# DATASET:
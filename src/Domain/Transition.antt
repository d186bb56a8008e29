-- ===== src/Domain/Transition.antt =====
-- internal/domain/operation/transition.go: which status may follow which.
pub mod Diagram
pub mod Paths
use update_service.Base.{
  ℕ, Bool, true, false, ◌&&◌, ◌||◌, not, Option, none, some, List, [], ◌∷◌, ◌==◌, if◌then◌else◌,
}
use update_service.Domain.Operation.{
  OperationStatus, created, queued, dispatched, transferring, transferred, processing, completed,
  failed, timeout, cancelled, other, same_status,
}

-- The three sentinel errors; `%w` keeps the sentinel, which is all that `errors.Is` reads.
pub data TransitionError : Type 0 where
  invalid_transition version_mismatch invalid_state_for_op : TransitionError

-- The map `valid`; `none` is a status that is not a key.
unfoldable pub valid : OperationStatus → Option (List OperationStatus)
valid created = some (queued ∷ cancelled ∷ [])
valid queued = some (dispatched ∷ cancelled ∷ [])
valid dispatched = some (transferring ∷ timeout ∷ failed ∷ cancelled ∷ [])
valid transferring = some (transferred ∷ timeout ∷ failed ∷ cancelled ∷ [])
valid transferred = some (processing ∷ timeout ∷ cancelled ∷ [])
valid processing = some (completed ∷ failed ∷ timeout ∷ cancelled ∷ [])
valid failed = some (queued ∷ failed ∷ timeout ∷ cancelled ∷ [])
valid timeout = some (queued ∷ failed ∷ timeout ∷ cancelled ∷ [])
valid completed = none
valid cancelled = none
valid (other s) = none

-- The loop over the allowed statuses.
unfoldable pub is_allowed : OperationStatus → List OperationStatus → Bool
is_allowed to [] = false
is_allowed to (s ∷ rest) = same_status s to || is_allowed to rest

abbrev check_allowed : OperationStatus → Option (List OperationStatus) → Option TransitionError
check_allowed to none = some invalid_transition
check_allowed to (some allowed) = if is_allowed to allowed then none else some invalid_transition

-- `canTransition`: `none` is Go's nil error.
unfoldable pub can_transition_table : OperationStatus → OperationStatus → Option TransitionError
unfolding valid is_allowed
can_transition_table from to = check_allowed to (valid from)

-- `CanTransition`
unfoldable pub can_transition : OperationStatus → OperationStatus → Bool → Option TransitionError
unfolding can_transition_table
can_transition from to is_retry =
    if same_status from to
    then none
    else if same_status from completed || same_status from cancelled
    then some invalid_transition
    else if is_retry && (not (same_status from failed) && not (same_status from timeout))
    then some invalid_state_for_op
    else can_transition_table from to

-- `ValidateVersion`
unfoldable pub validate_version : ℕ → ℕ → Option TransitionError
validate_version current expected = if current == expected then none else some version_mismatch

# WHAT THE TASK REQUIRES:
Repeat, without change, each line of the data above from the one that contains "unfoldable pub validate_version" through the final line, counting both.

# EXPECTED ANSWER:
unfoldable pub validate_version : ℕ → ℕ → Option TransitionError
validate_version current expected = if current == expected then none else some version_mismatch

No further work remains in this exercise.